#### PROBLEM DETAILS:
Would you write out, word for word, each line of the records below from the top through the one holding "mode = i.mode;"?

TASK INPUTS Block Start

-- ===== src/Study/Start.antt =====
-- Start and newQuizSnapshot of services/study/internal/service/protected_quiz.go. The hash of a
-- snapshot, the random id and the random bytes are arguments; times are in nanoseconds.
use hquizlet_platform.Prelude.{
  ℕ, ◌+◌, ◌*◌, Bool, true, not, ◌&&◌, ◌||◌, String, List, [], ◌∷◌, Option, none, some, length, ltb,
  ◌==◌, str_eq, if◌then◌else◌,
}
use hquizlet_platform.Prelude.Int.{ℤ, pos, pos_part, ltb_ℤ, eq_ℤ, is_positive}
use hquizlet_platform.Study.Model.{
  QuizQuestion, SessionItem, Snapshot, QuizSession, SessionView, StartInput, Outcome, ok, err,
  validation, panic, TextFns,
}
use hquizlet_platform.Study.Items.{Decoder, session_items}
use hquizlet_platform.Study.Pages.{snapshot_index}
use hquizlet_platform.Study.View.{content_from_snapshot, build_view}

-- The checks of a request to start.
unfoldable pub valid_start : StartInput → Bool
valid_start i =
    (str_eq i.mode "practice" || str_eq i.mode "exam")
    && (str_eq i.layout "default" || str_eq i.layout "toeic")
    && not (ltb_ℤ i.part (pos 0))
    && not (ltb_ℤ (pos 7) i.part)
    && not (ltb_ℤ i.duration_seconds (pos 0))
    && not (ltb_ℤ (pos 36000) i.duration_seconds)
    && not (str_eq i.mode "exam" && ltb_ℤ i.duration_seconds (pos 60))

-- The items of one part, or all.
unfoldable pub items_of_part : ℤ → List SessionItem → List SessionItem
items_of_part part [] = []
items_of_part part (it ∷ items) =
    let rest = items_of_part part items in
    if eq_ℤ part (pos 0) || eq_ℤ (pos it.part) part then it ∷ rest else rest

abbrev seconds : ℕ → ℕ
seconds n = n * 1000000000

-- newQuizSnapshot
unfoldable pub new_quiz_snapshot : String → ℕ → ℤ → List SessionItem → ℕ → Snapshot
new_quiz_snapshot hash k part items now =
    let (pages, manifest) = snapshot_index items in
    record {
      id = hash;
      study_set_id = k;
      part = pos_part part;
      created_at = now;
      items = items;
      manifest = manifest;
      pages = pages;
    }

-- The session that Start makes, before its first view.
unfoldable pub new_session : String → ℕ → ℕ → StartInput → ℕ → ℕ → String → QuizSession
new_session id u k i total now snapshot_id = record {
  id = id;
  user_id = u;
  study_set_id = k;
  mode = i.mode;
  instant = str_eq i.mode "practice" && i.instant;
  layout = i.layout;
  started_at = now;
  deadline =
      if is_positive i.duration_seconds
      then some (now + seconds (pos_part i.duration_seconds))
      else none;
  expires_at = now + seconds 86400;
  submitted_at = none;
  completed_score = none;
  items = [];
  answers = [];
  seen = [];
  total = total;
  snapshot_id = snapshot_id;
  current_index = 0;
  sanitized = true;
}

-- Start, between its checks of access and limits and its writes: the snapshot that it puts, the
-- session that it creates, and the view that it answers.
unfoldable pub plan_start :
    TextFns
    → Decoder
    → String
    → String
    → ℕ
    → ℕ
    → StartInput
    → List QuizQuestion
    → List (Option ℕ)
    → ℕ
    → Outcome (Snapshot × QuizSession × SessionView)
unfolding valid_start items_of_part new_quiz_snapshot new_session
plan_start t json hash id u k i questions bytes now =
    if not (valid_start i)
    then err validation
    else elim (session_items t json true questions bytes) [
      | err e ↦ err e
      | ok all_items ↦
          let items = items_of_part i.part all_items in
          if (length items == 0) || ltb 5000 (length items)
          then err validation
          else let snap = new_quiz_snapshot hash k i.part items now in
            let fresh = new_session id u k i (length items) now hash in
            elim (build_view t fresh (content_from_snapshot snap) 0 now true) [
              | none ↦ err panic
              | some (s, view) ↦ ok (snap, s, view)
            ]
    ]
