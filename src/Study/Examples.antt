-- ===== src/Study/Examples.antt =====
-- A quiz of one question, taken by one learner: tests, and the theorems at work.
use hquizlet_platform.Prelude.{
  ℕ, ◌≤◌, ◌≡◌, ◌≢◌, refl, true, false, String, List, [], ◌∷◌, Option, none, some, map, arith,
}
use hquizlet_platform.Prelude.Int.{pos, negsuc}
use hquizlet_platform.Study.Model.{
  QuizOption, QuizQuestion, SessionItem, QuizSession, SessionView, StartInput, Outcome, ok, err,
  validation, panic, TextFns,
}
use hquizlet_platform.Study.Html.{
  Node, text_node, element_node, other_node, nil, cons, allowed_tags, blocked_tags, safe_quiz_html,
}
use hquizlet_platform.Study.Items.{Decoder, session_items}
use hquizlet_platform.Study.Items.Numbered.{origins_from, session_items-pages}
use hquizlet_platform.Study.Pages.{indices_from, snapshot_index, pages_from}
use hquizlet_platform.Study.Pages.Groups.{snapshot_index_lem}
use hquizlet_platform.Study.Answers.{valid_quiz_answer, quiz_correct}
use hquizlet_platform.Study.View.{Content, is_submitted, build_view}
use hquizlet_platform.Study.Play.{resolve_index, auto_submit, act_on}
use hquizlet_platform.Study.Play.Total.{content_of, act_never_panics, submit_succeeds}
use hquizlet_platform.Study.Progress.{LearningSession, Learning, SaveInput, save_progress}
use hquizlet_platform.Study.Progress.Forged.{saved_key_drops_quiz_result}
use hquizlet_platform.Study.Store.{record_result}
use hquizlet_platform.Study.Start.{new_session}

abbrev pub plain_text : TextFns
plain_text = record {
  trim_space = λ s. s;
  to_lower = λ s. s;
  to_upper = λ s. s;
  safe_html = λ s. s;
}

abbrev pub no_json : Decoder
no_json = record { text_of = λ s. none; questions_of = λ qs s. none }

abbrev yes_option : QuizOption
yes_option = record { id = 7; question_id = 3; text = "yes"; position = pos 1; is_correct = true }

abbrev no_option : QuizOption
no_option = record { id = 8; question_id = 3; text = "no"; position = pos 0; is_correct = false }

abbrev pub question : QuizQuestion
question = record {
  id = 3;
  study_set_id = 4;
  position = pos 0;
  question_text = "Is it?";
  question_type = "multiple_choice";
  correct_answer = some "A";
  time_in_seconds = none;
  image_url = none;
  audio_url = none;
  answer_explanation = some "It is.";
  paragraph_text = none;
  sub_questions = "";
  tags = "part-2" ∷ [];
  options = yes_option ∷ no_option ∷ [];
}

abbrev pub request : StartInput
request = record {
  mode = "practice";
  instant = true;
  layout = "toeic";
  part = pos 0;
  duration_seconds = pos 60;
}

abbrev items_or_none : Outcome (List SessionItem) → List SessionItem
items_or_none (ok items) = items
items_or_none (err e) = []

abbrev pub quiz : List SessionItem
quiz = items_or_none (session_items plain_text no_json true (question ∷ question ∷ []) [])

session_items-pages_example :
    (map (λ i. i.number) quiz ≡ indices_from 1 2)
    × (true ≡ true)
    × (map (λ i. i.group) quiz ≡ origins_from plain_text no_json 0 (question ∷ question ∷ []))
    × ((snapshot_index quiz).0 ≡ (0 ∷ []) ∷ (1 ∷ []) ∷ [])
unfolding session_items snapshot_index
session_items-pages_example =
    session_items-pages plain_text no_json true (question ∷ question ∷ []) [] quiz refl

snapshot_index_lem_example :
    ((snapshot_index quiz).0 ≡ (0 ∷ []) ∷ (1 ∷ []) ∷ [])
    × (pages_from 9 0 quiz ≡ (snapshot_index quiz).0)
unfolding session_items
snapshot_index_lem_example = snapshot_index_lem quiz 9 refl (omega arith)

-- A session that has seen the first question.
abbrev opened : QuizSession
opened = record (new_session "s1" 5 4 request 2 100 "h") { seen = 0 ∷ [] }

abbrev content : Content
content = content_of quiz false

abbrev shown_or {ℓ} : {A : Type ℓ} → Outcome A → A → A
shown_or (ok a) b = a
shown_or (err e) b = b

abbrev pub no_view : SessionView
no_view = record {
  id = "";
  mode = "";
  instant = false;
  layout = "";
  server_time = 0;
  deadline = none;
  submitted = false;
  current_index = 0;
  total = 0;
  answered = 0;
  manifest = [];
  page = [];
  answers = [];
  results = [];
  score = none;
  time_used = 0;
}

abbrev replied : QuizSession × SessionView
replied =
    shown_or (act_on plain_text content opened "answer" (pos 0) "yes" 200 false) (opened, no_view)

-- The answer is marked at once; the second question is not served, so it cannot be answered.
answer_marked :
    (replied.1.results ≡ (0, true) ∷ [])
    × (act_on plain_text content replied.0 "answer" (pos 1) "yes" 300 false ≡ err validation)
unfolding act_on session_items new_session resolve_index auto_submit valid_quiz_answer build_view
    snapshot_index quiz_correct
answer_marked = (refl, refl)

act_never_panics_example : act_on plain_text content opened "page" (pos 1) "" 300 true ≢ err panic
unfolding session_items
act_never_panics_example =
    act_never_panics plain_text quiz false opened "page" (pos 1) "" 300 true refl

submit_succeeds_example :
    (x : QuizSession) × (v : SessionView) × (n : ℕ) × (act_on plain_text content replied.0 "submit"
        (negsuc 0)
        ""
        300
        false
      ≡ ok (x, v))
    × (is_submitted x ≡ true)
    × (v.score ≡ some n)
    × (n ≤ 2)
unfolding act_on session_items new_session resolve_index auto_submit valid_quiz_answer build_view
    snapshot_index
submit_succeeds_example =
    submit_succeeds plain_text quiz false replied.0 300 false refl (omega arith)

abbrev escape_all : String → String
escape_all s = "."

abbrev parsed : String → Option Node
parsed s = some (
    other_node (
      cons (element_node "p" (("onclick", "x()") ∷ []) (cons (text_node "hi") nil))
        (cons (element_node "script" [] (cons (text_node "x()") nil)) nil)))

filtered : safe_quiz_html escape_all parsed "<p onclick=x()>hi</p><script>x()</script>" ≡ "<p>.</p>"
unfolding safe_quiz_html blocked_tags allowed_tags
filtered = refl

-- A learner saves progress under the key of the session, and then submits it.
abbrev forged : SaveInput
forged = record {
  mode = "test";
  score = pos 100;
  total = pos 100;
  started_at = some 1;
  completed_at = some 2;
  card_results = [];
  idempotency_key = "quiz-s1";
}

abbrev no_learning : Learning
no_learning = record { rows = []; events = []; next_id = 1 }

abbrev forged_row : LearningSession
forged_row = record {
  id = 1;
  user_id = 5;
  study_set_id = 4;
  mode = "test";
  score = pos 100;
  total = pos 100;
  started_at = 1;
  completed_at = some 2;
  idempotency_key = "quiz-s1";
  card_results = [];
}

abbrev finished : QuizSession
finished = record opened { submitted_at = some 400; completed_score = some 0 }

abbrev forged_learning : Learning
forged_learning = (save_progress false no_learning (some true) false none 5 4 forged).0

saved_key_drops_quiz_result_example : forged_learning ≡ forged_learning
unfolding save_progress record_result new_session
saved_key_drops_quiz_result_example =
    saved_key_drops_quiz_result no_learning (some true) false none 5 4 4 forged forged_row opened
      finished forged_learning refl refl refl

TASK INPUTS Block End

#### SOLUTION:
-- ===== src/Study/Start.antt =====
-- Start and newQuizSnapshot of services/study/internal/service/protected_quiz.go. The hash of a
-- snapshot, the random id and the random bytes are arguments; times are in nanoseconds.
use hquizlet_platform.Prelude.{
  ℕ, ◌+◌, ◌*◌, Bool, true, not, ◌&&◌, ◌||◌, String, List, [], ◌∷◌, Option, none, some, length, ltb,
  ◌==◌, str_eq, if◌then◌else◌,
}
use hquizlet_platform.Prelude.Int.{ℤ, pos, pos_part, ltb_ℤ, eq_ℤ, is_positive}
use hquizlet_platform.Study.Model.{
  QuizQuestion, SessionItem, Snapshot, QuizSession, SessionView, StartInput, Outcome, ok, err,
  validation, panic, TextFns,
}
use hquizlet_platform.Study.Items.{Decoder, session_items}
use hquizlet_platform.Study.Pages.{snapshot_index}
use hquizlet_platform.Study.View.{content_from_snapshot, build_view}

-- The checks of a request to start.
unfoldable pub valid_start : StartInput → Bool
valid_start i =
    (str_eq i.mode "practice" || str_eq i.mode "exam")
    && (str_eq i.layout "default" || str_eq i.layout "toeic")
    && not (ltb_ℤ i.part (pos 0))
    && not (ltb_ℤ (pos 7) i.part)
    && not (ltb_ℤ i.duration_seconds (pos 0))
    && not (ltb_ℤ (pos 36000) i.duration_seconds)
    && not (str_eq i.mode "exam" && ltb_ℤ i.duration_seconds (pos 60))

-- The items of one part, or all.
unfoldable pub items_of_part : ℤ → List SessionItem → List SessionItem
items_of_part part [] = []
items_of_part part (it ∷ items) =
    let rest = items_of_part part items in
    if eq_ℤ part (pos 0) || eq_ℤ (pos it.part) part then it ∷ rest else rest

abbrev seconds : ℕ → ℕ
seconds n = n * 1000000000

-- newQuizSnapshot
unfoldable pub new_quiz_snapshot : String → ℕ → ℤ → List SessionItem → ℕ → Snapshot
new_quiz_snapshot hash k part items now =
    let (pages, manifest) = snapshot_index items in
    record {
      id = hash;
      study_set_id = k;
      part = pos_part part;
      created_at = now;
      items = items;
      manifest = manifest;
      pages = pages;
    }

-- The session that Start makes, before its first view.
unfoldable pub new_session : String → ℕ → ℕ → StartInput → ℕ → ℕ → String → QuizSession
new_session id u k i total now snapshot_id = record {
  id = id;
  user_id = u;
  study_set_id = k;
  mode = i.mode;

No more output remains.